→ **Problem**
Only one stretch of the records below should be repeated. It starts with the line containing "unfolding min_interval_of" and goes on through the line containing "short_iff xs none limit e = rw e", exactly as written.

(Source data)
_ _ _ _ _

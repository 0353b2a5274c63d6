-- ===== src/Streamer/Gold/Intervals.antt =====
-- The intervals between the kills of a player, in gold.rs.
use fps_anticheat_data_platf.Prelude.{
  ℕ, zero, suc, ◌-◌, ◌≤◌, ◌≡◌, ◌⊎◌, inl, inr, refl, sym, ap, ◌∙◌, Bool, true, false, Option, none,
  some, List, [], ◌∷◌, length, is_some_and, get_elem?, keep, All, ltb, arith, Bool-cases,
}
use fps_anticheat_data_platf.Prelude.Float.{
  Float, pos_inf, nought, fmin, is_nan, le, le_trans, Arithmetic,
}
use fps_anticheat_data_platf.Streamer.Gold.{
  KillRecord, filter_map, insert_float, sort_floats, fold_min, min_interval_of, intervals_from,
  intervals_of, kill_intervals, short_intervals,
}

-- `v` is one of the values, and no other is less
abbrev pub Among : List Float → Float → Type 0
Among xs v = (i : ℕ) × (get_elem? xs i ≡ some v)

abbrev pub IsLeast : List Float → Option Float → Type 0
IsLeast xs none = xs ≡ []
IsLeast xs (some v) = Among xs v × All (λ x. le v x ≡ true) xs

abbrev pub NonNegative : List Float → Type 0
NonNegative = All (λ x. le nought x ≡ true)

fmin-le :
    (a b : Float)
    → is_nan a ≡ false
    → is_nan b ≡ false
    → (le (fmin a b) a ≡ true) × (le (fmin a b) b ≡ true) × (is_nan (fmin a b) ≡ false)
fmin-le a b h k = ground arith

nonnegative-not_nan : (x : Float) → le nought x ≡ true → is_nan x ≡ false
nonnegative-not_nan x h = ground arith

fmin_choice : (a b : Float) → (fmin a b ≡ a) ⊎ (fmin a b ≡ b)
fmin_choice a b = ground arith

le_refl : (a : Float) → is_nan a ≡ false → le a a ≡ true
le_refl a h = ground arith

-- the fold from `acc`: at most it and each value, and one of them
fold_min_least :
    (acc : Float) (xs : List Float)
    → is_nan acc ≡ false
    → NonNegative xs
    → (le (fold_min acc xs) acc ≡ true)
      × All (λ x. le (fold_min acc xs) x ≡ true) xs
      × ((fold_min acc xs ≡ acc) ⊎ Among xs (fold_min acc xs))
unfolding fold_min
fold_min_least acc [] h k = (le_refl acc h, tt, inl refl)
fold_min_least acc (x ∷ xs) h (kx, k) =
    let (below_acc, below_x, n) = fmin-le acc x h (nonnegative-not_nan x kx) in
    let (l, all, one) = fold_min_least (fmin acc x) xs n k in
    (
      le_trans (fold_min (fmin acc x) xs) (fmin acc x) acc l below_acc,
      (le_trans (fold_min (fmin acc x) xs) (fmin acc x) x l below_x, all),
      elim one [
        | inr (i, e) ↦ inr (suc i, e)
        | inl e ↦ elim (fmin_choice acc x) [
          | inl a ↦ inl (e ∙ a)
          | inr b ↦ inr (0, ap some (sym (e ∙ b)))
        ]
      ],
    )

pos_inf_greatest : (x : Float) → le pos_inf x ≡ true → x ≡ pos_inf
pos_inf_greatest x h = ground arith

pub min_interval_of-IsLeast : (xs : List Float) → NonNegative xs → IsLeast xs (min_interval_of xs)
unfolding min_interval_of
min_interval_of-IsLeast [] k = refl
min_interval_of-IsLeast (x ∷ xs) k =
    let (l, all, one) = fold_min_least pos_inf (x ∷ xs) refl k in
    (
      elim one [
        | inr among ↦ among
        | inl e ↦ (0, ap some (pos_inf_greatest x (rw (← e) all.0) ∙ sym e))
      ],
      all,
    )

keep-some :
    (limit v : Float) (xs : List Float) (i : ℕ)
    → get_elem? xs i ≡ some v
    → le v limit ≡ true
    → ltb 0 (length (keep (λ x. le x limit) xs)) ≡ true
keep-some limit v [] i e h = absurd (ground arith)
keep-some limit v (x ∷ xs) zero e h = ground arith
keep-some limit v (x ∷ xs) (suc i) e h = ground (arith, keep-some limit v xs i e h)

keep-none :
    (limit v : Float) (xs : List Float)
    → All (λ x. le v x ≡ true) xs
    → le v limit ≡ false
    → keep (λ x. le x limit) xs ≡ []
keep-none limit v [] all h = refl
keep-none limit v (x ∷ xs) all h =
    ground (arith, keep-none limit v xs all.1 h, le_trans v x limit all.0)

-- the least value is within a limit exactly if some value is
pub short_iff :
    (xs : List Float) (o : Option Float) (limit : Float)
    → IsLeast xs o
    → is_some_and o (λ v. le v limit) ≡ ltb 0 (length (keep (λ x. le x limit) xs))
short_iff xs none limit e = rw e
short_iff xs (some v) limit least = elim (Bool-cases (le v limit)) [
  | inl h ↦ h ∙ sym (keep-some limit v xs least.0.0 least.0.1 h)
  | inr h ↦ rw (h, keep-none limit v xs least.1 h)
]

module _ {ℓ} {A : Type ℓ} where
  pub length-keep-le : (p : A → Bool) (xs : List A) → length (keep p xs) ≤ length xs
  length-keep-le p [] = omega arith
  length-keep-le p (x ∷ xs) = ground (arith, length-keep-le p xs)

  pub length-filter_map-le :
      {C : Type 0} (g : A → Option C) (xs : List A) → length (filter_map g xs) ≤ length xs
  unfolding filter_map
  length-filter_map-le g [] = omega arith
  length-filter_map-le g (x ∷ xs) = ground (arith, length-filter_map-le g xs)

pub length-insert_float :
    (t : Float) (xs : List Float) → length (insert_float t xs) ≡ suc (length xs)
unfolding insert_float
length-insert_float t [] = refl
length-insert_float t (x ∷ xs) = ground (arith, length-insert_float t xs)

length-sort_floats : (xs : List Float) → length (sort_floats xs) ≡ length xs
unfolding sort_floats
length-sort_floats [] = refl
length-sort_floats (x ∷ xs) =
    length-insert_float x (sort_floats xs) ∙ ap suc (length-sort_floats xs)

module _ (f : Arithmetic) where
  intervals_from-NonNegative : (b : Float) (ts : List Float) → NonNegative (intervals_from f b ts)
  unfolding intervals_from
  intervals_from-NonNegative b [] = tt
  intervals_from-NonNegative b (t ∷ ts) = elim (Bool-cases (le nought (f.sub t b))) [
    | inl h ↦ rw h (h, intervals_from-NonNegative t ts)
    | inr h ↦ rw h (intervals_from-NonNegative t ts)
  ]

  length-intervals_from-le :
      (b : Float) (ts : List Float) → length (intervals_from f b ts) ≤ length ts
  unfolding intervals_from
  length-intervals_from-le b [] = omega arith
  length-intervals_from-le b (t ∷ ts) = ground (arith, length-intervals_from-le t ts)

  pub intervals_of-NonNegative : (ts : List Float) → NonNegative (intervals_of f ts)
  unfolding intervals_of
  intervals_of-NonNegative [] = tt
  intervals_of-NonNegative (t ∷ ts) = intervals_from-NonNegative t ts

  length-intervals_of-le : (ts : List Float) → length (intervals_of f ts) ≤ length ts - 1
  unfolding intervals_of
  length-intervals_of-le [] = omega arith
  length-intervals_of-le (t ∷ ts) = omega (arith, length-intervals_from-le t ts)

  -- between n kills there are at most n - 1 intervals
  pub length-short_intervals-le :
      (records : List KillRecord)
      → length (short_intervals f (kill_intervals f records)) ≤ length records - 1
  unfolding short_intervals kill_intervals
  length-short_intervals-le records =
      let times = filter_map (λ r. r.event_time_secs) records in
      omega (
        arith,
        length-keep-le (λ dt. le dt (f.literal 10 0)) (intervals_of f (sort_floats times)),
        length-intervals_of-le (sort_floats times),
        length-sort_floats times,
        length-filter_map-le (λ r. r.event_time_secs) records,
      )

_ _ _ _ _

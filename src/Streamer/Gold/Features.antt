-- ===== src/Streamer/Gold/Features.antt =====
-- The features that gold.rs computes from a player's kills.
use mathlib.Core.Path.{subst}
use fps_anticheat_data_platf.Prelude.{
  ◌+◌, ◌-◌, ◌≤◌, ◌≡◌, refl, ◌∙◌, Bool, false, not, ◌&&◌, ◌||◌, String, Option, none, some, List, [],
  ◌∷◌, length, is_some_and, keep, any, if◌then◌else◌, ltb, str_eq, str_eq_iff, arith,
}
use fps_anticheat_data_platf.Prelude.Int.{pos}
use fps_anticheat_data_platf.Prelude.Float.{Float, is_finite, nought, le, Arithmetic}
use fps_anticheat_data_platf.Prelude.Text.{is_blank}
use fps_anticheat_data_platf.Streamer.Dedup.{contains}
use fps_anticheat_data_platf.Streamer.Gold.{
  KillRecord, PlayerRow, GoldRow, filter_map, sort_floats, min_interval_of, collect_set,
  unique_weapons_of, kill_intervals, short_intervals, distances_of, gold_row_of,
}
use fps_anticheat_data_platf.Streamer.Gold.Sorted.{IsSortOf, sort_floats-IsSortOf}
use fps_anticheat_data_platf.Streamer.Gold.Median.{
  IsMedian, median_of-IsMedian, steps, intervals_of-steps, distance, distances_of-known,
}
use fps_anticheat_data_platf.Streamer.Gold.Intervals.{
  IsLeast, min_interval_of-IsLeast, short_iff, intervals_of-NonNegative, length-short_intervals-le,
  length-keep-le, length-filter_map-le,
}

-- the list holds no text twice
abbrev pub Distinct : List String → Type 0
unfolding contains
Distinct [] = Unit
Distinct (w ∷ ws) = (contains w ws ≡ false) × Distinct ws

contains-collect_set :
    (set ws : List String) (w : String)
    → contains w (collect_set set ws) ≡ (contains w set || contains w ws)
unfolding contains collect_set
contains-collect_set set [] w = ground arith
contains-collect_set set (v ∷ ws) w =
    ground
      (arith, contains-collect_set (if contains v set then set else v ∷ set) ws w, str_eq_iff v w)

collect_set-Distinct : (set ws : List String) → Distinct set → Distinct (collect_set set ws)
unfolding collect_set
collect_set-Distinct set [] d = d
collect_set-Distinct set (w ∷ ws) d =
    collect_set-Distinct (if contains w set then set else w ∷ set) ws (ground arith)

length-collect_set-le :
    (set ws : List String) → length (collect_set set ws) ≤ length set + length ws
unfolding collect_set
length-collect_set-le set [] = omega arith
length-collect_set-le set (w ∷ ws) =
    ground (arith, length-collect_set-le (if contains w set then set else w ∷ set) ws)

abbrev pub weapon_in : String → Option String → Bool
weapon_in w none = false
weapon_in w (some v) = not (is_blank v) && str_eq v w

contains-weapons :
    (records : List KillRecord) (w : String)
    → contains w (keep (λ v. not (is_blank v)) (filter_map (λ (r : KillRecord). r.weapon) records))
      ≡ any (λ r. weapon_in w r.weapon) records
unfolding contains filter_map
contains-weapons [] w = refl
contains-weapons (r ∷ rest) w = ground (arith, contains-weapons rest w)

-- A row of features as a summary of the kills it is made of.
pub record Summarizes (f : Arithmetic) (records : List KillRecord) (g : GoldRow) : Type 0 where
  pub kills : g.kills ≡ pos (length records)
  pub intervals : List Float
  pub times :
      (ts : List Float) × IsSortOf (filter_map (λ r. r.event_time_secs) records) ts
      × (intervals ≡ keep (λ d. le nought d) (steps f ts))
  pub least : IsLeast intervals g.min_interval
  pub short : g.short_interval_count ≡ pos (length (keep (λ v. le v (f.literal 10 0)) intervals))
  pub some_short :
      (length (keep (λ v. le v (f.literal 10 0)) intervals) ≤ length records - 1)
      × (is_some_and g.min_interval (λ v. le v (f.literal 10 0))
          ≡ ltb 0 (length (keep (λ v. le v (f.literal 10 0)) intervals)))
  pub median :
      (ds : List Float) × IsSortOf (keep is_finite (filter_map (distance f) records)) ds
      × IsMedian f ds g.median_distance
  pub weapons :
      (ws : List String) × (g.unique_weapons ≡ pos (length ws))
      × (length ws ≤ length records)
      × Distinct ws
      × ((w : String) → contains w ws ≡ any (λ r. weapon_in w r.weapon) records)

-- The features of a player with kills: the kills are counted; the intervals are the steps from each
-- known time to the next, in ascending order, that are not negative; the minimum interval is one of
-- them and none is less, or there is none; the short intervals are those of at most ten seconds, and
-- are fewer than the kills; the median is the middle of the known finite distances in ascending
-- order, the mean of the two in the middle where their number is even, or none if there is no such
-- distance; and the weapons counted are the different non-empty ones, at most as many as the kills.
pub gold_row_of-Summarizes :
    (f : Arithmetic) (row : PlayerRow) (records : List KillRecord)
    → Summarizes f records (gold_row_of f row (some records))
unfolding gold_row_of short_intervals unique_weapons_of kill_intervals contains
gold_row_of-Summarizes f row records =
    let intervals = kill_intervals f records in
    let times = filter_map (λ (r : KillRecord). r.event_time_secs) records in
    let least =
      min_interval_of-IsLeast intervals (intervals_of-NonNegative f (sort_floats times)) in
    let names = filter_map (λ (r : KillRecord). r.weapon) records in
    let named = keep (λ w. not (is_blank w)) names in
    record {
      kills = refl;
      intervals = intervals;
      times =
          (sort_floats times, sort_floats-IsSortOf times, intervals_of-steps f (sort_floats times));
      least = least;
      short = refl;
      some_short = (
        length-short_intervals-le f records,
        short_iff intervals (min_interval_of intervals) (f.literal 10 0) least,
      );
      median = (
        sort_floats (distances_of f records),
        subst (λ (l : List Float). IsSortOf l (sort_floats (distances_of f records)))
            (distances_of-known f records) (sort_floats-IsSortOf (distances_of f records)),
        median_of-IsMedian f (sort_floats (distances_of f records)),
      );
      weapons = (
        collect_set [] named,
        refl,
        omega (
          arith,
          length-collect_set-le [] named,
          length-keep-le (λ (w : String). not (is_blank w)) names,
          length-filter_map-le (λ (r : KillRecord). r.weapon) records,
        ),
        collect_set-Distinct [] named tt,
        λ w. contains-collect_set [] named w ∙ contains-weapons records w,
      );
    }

_ _ _ _ _

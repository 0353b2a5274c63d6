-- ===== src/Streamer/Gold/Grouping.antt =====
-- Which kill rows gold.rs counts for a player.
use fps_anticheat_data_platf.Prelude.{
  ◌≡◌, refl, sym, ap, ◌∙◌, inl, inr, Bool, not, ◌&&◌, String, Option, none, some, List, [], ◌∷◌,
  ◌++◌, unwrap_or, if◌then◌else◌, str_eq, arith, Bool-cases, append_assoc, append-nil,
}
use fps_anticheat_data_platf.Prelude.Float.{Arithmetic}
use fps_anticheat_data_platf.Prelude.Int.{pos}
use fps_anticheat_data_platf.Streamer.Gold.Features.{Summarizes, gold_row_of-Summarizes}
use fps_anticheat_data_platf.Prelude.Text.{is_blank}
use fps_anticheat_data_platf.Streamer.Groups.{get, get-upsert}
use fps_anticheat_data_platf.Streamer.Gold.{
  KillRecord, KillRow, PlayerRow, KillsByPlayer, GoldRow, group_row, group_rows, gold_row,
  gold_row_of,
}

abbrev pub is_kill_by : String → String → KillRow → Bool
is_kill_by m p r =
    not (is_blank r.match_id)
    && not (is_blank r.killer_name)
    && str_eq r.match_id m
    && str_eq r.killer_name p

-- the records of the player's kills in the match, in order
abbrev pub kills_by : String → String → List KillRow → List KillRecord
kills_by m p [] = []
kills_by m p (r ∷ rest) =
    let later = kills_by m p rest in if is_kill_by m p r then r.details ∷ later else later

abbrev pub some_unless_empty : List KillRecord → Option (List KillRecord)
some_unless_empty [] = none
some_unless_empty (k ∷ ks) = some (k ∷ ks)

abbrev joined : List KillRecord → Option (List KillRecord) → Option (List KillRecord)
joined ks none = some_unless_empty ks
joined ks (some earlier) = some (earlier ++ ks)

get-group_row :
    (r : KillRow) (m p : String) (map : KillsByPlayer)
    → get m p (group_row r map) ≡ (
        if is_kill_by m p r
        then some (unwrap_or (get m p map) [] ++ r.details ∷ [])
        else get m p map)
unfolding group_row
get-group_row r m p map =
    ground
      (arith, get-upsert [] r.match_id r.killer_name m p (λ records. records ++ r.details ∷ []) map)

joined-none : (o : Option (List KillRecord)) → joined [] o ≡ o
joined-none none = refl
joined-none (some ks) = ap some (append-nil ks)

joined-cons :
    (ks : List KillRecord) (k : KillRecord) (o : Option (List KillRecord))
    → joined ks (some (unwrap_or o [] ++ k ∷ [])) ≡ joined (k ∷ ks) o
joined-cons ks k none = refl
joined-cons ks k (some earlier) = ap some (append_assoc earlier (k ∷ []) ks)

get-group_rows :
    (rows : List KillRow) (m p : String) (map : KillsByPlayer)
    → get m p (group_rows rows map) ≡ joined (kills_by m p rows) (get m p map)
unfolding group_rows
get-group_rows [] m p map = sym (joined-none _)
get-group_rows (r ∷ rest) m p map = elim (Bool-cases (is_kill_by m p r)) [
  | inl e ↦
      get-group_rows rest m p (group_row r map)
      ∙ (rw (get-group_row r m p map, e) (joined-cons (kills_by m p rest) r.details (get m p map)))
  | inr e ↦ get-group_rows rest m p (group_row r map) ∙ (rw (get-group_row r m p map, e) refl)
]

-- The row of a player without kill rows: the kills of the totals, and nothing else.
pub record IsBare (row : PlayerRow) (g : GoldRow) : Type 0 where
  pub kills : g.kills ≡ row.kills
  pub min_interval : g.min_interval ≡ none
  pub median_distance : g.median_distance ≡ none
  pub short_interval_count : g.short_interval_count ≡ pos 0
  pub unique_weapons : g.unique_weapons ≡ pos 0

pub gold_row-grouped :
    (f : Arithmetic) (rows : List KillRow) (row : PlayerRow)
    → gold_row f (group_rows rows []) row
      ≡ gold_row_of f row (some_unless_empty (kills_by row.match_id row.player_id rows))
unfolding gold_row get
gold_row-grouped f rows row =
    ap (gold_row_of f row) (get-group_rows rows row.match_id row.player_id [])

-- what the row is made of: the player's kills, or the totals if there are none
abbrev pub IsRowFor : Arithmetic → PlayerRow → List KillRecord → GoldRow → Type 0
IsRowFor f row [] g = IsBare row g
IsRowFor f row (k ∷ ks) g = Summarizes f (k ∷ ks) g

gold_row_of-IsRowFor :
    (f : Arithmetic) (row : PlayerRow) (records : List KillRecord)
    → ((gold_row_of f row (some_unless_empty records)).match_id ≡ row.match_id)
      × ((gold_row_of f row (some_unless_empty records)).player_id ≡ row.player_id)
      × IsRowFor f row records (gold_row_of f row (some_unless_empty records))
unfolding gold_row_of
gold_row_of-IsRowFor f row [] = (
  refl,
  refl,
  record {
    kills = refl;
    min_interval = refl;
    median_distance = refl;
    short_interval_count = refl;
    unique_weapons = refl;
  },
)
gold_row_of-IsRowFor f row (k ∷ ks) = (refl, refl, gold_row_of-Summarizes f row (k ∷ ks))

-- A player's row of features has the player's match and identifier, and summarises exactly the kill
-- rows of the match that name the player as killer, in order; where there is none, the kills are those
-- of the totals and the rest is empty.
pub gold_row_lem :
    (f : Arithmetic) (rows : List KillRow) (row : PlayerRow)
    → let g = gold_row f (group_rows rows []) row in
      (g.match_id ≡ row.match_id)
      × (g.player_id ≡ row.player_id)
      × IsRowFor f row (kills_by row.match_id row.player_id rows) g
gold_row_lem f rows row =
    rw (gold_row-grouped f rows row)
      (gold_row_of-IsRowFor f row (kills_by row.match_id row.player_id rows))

_ _ _ _ _

→ **Answer to the exercise**
unfolding min_interval_of
min_interval_of-IsLeast [] k = refl
min_interval_of-IsLeast (x ∷ xs) k =
    let (l, all, one) = fold_min_least pos_inf (x ∷ xs) refl k in
    (
      elim one [
        | inr among ↦ among
        | inl e ↦ (0, ap some (pos_inf_greatest x (rw (← e) all.0) ∙ sym e))
      ],
      all,
    )

keep-some :
    (limit v : Float) (xs : List Float) (i : ℕ)
    → get_elem? xs i ≡ some v
    → le v limit ≡ true
    → ltb 0 (length (keep (λ x. le x limit) xs)) ≡ true
keep-some limit v [] i e h = absurd (ground arith)
keep-some limit v (x ∷ xs) zero e h = ground arith
keep-some limit v (x ∷ xs) (suc i) e h = ground (arith, keep-some limit v xs i e h)

keep-none :
    (limit v : Float) (xs : List Float)
    → All (λ x. le v x ≡ true) xs
    → le v limit ≡ false
    → keep (λ x. le x limit) xs ≡ []
keep-none limit v [] all h = refl
keep-none limit v (x ∷ xs) all h =
    ground (arith, keep-none limit v xs all.1 h, le_trans v x limit all.0)

-- the least value is within a limit exactly if some value is
pub short_iff :
    (xs : List Float) (o : Option Float) (limit : Float)
    → IsLeast xs o
    → is_some_and o (λ v. le v limit) ≡ ltb 0 (length (keep (λ x. le x limit) xs))
short_iff xs none limit e = rw e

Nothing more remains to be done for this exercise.